- Spanish: El faro de las orcas
- Directed by: Gerardo Olivares
- Screenplay by: Gerardo Olivares
- Based on: Agustín corazónabierto by Roberto Bubas
- Starring: Maribel Verdú; Joaquín Furriel; Joaquín Rapalini;
- Production companies: Wanda Vision; Historias Cinematográficas; Puenzo Hermanos; Pampa Films;
- Distributed by: Wanda Films (es); Buena Vista International (ar);
- Release dates: 16 December 2016 (Spain); 13 April 2017 (Argentina);
- Running time: 110 minutes
- Countries: Spain; Argentina;
- Language: Spanish

= The Lighthouse of the Orcas =

2016 film by Gerardo Olivares

The Lighthouse of the Orcas (El faro de las orcas) is a 2016 Spanish-Argentine drama film directed by Gerardo Olivares. It stars Maribel Verdú and Joaquín Furriel.

It is based on the novel Agustín corazónabierto by Roberto Bubas.

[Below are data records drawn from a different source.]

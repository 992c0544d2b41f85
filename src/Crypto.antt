-- ===== src/Crypto.antt =====
-- src/crypto.rs: how sealed and wrapped blobs are laid out, and which keys come from the phrase.
-- The ciphers, the key exchange, the hashes and BIP39 are packages: parameters.
pub mod Boxes
pub mod Epochs
use sshvault.Prelude.{
  ℕ, zero, suc, ◌+◌, ◌*◌, ◌≡◌, Option, none, some, [], ◌∷◌, ◌++◌, length, take, drop, ltb, ◌==◌,
  if◌then◌else◌,
}
use sshvault.Prelude.Order.{Text}
use sshvault.Prelude.Texts.{bytes, trim}
use sshvault.Prelude.Digits.{digits}

pub data CryptoError : Type 0 where
  decrypt_failed bad_phrase kdf malformed : CryptoError

pub data Outcome {ℓ} (A : Type ℓ) : Type ℓ where
  ok : A → Outcome A
  err : CryptoError → Outcome A

module _ {ℓ κ} {A : Type ℓ} {B : Type κ} where
  infixl 10 ◌>>=◌
  abbrev pub ◌>>=◌ : Outcome A → (A → Outcome B) → Outcome B
  ok a >>= f = f a
  err e >>= f = err e

-- XChaCha20-Poly1305 by key, nonce, text and associated data; X25519; HKDF-SHA256 by secret and
-- info; Argon2id; BIP39 by normalized phrase.
pub record Primitives : Type 0 where
  pub encrypt : Text → Text → Text → Text → Text
  pub decrypt : Text → Text → Text → Text → Option Text
  pub public : Text → Text
  pub diffie_hellman : Text → Text → Text
  pub expand : Text → Text → Text
  pub hash_password : Text → Text → ℕ → ℕ → ℕ → Option Text
  pub to_seed : Text → Option Text

-- What the packages document.
pub record Documented (p : Primitives) : Type 0 where
  pub decrypt-encrypt :
      (key nonce msg aad : Text) → p.decrypt key nonce (p.encrypt key nonce msg aad) aad ≡ some msg
  pub length-encrypt :
      (key nonce msg aad : Text) → length (p.encrypt key nonce msg aad) ≡ length msg + 16
  pub length-public : (secret : Text) → length (p.public secret) ≡ 32
  pub agreement : (a b : Text) → p.diffie_hellman a (p.public b) ≡ p.diffie_hellman b (p.public a)

abbrev pub argon2_m_kib : ℕ
argon2_m_kib = 64 * 1024

abbrev pub argon2_t : ℕ
argon2_t = 3

abbrev pub argon2_p : ℕ
argon2_p = 1

abbrev pub nonce_len : ℕ
nonce_len = 24

-- `format!` of a `u32`, which has at most ten digits
unfoldable pub vault_key_info : ℕ → Text
unfolding digits
vault_key_info epoch =
    if epoch == 0
    then bytes "sshvault/v1/vault-key"
    else bytes "sshvault/v1/vault-key/" ++ digits 10 epoch

module _ (p : Primitives) where
  -- `hk.expand(info, …)` of 32 bytes, which does not fail
  unfoldable pub wrap_key_from_shared : Text → Text → Text → Text
  wrap_key_from_shared shared eph_pub recipient_pub =
      p.expand shared (bytes "sshvault/v1/vk-wrap" ++ eph_pub ++ recipient_pub)

  -- `nonce || ciphertext`; the random nonce comes first.
  unfoldable pub seal : Text → Text → Text → Text → Text
  seal nonce key plaintext aad = nonce ++ p.encrypt key nonce plaintext aad

  unfoldable pub open_blob : Text → Text → Text → Outcome Text
  open_blob key blob aad =
      if ltb (length blob) (nonce_len + 16)
      then err malformed
      else elim (p.decrypt key (take nonce_len blob) (drop nonce_len blob) aad) [
        | none ↦ err decrypt_failed
        | some plain ↦ ok plain
      ]

  -- `eph_pub || nonce || ciphertext`; the ephemeral secret and the nonce are random.
  unfoldable pub wrap_vault_key : Text → Text → Text → Text → Text → Text
  unfolding wrap_key_from_shared seal
  wrap_vault_key eph nonce payload recipient_pub recipient_device_id =
      let eph_pub = p.public eph in
      let shared = p.diffie_hellman eph recipient_pub in
      let wrap_key = wrap_key_from_shared shared eph_pub recipient_pub in
      eph_pub ++ seal nonce wrap_key payload recipient_device_id

  unfoldable pub unwrap_vault_key : Text → Text → Text → Outcome Text
  unfolding wrap_key_from_shared open_blob
  unwrap_vault_key device_secret blob device_id =
      let eph_pub = take 32 blob in
      let my_pub = p.public device_secret in
      let shared = p.diffie_hellman device_secret eph_pub in
      let wrap_key = wrap_key_from_shared shared eph_pub my_pub in
      if ltb (length blob) (32 + nonce_len + 16)
      then err malformed
      else open_blob wrap_key (drop 32 blob) device_id

  unfoldable pub seed_from_phrase : Text → Outcome Text
  unfolding trim
  seed_from_phrase phrase = elim (p.to_seed (trim phrase)) [
    | none ↦ err bad_phrase
    | some seed ↦ ok seed
  ]

  unfoldable pub vault_key_at_epoch : Text → ℕ → Outcome Text
  unfolding seed_from_phrase vault_key_info
  vault_key_at_epoch phrase epoch = do
    seed ← seed_from_phrase phrase
    ok (p.expand seed (vault_key_info epoch))

  -- The vault key, and the secret of the recovery key.
  unfoldable pub keys_from_phrase : Text → Outcome (Text × Text)
  unfolding seed_from_phrase vault_key_info
  keys_from_phrase phrase = do
    seed ← seed_from_phrase phrase
    ok (p.expand seed (vault_key_info 0), p.expand seed (bytes "sshvault/v1/recovery-auth"))

  unfoldable pub derive_kek : Text → Text → ℕ → ℕ → ℕ → Outcome Text
  derive_kek passphrase salt m_kib t parallel =
      elim (p.hash_password passphrase salt m_kib t parallel) [ none ↦ err kdf | some key ↦ ok key ]
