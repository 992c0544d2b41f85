-- ===== src/Crypto/Boxes.antt =====
-- What is sealed opens, and what is wrapped for a device unwraps there.
use sshvault.Prelude.{
  ℕ, ◌+◌, ◌≡◌, refl, ◌++◌, arith, length, take, drop, length-append, take-append, drop-append, ltb,
  false, subst,
}
use sshvault.Prelude.Order.{Text}
use sshvault.Crypto.{
  Primitives, Documented, ok, wrap_key_from_shared, seal, open_blob, wrap_vault_key,
  unwrap_vault_key,
}

-- The parts of two joined texts.
front : (n : ℕ) (a b : Text) → length a ≡ n → take n (a ++ b) ≡ a
front n a b e = subst (λ m. take m (a ++ b) ≡ a) e (take-append a b)

back : (n : ℕ) (a b : Text) → length a ≡ n → drop n (a ++ b) ≡ b
back n a b e = subst (λ m. drop m (a ++ b) ≡ b) e (drop-append a b)

long_enough : (m n : ℕ) (s : Text) → length s ≡ m + n → ltb (length s) m ≡ false
long_enough m n s e = ground arith

module _ (p : Primitives) (law : Documented p) where
  length-seal :
      (nonce key msg aad : Text)
      → length nonce ≡ 24
      → length (seal p nonce key msg aad) ≡ 40 + length msg
  unfolding seal
  length-seal nonce key msg aad e = omega (
    arith,
    length-append nonce (p.encrypt key nonce msg aad),
    law.length-encrypt key nonce msg aad,
    e,
  )

  open_blob-seal :
      (nonce key msg aad : Text)
      → length nonce ≡ 24
      → open_blob p key (seal p nonce key msg aad) aad ≡ ok msg
  unfolding open_blob seal
  open_blob-seal nonce key msg aad e =
      let ct = p.encrypt key nonce msg aad in
      rw
        (
          open_blob,
          seal,
          long_enough 40 (length msg) (seal p nonce key msg aad) (length-seal nonce key msg aad e),
          front 24 nonce ct e,
          back 24 nonce ct e,
          law.decrypt-encrypt key nonce msg aad,
        )
        refl

  length-wrap :
      (eph nonce payload recipient device_id : Text)
      → length nonce ≡ 24
      → length (wrap_vault_key p eph nonce payload recipient device_id) ≡ 72 + length payload
  unfolding wrap_vault_key
  length-wrap eph nonce payload recipient device_id e =
      let key = wrap_key_from_shared p (p.diffie_hellman eph recipient) (p.public eph) recipient in
      omega (
        arith,
        length-append (p.public eph) (seal p nonce key payload device_id),
        length-seal nonce key payload device_id e,
        law.length-public eph,
      )

  -- What is wrapped for the public key of a device, under any ephemeral secret and any nonce of 24
  -- bytes, is unwrapped with that device's secret and the same device id, if the packages do what
  -- they document.
  pub unwrap_vault_key-wrap_vault_key :
      (secret eph nonce payload device_id : Text)
      → length nonce ≡ 24
      → unwrap_vault_key p secret
          (wrap_vault_key p eph nonce payload (p.public secret) device_id)
          device_id
        ≡ ok payload
  unfolding unwrap_vault_key wrap_vault_key
  unwrap_vault_key-wrap_vault_key secret eph nonce payload device_id e =
      let recipient = p.public secret in
      let key = wrap_key_from_shared p (p.diffie_hellman eph recipient) (p.public eph) recipient in
      let sealed = seal p nonce key payload device_id in
      rw
        (
          unwrap_vault_key,
          wrap_vault_key,
          long_enough 72 (length payload) (wrap_vault_key p eph nonce payload recipient device_id)
              (length-wrap eph nonce payload recipient device_id e),
          front 32 (p.public eph) sealed (law.length-public eph),
          back 32 (p.public eph) sealed (law.length-public eph),
          law.agreement secret eph,
        )
        (open_blob-seal nonce key payload device_id e)
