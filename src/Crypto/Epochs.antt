-- ===== src/Crypto/Epochs.antt =====
-- Each epoch's vault key has an info text of its own.
use sshvault.Prelude.{
  ℕ, ◌<◌, ◌≡◌, refl, ap, sym, ◌∙◌, inl, inr, false, [], ◌∷◌, ◌++◌, arith, drop, ◌==◌, ==_iff,
  Bool-cases,
}
use sshvault.Prelude.Order.{Text}
use sshvault.Prelude.Texts.{bytes}
use sshvault.Prelude.Digits.{digits, read_from, read-digits}
use sshvault.Crypto.{vault_key_info}

info_zero : vault_key_info 0 ≡ bytes "sshvault/v1/vault-key"
unfolding vault_key_info
info_zero = refl

info_later :
    (epoch : ℕ)
    → (epoch == 0) ≡ false
    → vault_key_info epoch ≡ bytes "sshvault/v1/vault-key/" ++ digits 10 epoch
unfolding vault_key_info
info_later epoch e = rw (vault_key_info, e) refl

apart : (s : Text) → bytes "sshvault/v1/vault-key" ≡ bytes "sshvault/v1/vault-key/" ++ s → ⊥
apart s h = let short : [] ≡ 47 ∷ s = ap (drop 21) h in ground arith

-- Two epochs below 2^32 with the same info text, which is all that tells their vault keys apart,
-- are the same epoch.
pub vault_key_info-injective :
    (a b : ℕ) → a < 4294967296 → b < 4294967296 → vault_key_info a ≡ vault_key_info b → a ≡ b
vault_key_info-injective a b ha hb h = elim (Bool-cases (a == 0)) [
  | inl e ↦ elim (Bool-cases (b == 0)) [
    | inl f ↦ (==_iff a 0).0 e ∙ sym ((==_iff b 0).0 f)
    | inr f ↦ absurd (
        apart (digits 10 b)
          (sym info_zero ∙ sym (ap vault_key_info ((==_iff a 0).0 e)) ∙ h ∙ info_later b f))
  ]
  | inr e ↦ elim (Bool-cases (b == 0)) [
    | inl f ↦ absurd (
        apart (digits 10 a)
          (sym info_zero ∙ sym (ap vault_key_info ((==_iff b 0).0 f)) ∙ sym h ∙ info_later a e))
    | inr f ↦
        sym (read-digits 10 a (omega (arith, ha)))
        ∙ ap (λ s. read_from 0 (drop 22 s)) (sym (info_later a e) ∙ h ∙ info_later b f)
        ∙ read-digits 10 b (omega (arith, hb))
  ]
]
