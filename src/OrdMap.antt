-- ===== src/OrdMap.antt =====
-- `BTreeMap` (record fields) and `HashMap` (merged state): association lists in the order of
-- their keys, so that two maps with the same entries are equal.
pub mod Laws
pub mod Entries
use sshvault.Prelude.{Option, none, some, List, [], ◌∷◌, foldl}
use sshvault.Prelude.Order.{Ord, ◌≺◌}
use Prim.Native.Nat.Ordering.{lt, eq, gt}

abbrev pub OrdMap {ℓ κ} : Type ℓ → Type κ → Type (ℓ ⊔ κ)
OrdMap K V = List (K × V)

module _ {ℓ κ} {K : Type ℓ} {V : Type κ} ⦃o : Ord K⦄ where
  -- `map.get(&k)`
  unfoldable pub get : K → OrdMap K V → Option V
  get k [] = none
  get k ((j, v) ∷ m) = elim (o.cmp k j) [ lt ↦ none | eq ↦ some v | gt ↦ get k m ]

  -- `map.insert(k, v)`: a value that is there is replaced.
  unfoldable pub insert : K → V → OrdMap K V → OrdMap K V
  insert k v [] = (k, v) ∷ []
  insert k v ((j, w) ∷ m) = elim (o.cmp k j) [
    | lt ↦ (k, v) ∷ (j, w) ∷ m
    | eq ↦ (k, v) ∷ m
    | gt ↦ (j, w) ∷ insert k v m
  ]

  -- `entries.collect::<Map>()`: entries are written in turn, so the last of a key stays.
  unfoldable pub from_entries : List (K × V) → OrdMap K V
  from_entries = foldl (λ m e. insert e.0 e.1 m) []

  -- Every key of the map is above `k`.
  abbrev pub Above : K → OrdMap K V → Type 0
  Above k [] = Unit
  Above k ((j, v) ∷ m) = (k ≺ j) × Above k m

  abbrev pub IsSorted : OrdMap K V → Type 0
  IsSorted [] = Unit
  IsSorted ((k, v) ∷ m) = Above k m × IsSorted m

-- `map.values()`
unfoldable pub values {ℓ κ} : {K : Type ℓ} {V : Type κ} → OrdMap K V → List V
values [] = []
values ((k, v) ∷ m) = v ∷ values m
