-- ===== src/Record/Values.antt =====
-- `serde_json::Value`, the type of a field's value. The payloads of this program hold no other
-- numbers than ports, so a number is a natural number.
use sshvault.Prelude.{◌≡◌, refl, Bool, true, false, ℕ}
use sshvault.Prelude.Order.{Text}
use native.Mathlib.Decide.{ℕ_discrete}

mutual
  pub data Json : Type 0 where
    null : Json
    bool : Bool → Json
    number : ℕ → Json
    string : Text → Json
    array : Items → Json
    object : Members → Json

  pub data Items : Type 0 where
    nil : Items
    cons : Json → Items → Items

  pub data Members : Type 0 where
    end : Members
    member : Text → Json → Members → Members

Json-discrete : Discrete Json
Json-discrete = hlevel ℕ_discrete

abbrev test : {a b : Json} → Dec (a ≡ b) → Bool
test (yes _) = true
test (no _) = false

-- `a == b` on values
unfoldable pub json_eq : Json → Json → Bool
unfolding Json-discrete
json_eq a b = test (Json-discrete a b)

pub json_eq_refl : (a : Json) → json_eq a a ≡ true
unfolding json_eq
json_eq_refl a = elim (Json-discrete a a) as (λ d. test d ≡ true) [
  | yes _ ↦ refl
  | no n ↦ absurd (n refl)
]

pub eq_of_json_eq : (a b : Json) → json_eq a b ≡ true → a ≡ b
unfolding json_eq
eq_of_json_eq a b = elim (Json-discrete a b) as (λ d. test d ≡ true → a ≡ b) [
  | yes p ↦ λ _. p
  | no _ ↦ λ h. cc
]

Together with Olivares' two previous films, Entrelobos (2010) and Brothers of the Wind (2015), The Lighthouse of the Orcas forms a trilogy about the animal-human relationship.

== Synopsis ==
In trying to help her son find an emotional connection, a mother travels with her autistic son to Patagonia to meet a park ranger and wild orcas.

== Production ==
A joint Spanish-Argentine co-production, the film was produced by Wanda Vision, Historias Cinematográficas, Puenzo Hermanos and Pampa Films and it had support from TVE, ICAA and the Ibermedia programme.

Shooting locations included Patagonia (Argentina) and Fuerteventura (Spain).

== Release ==
Distributed by Wanda, the film was theatrically released in Spain on December 16, 2016. The opening in Argentine theatres was scheduled for 13 April 2017 by Disney. Netflix acquired the global distribution rights.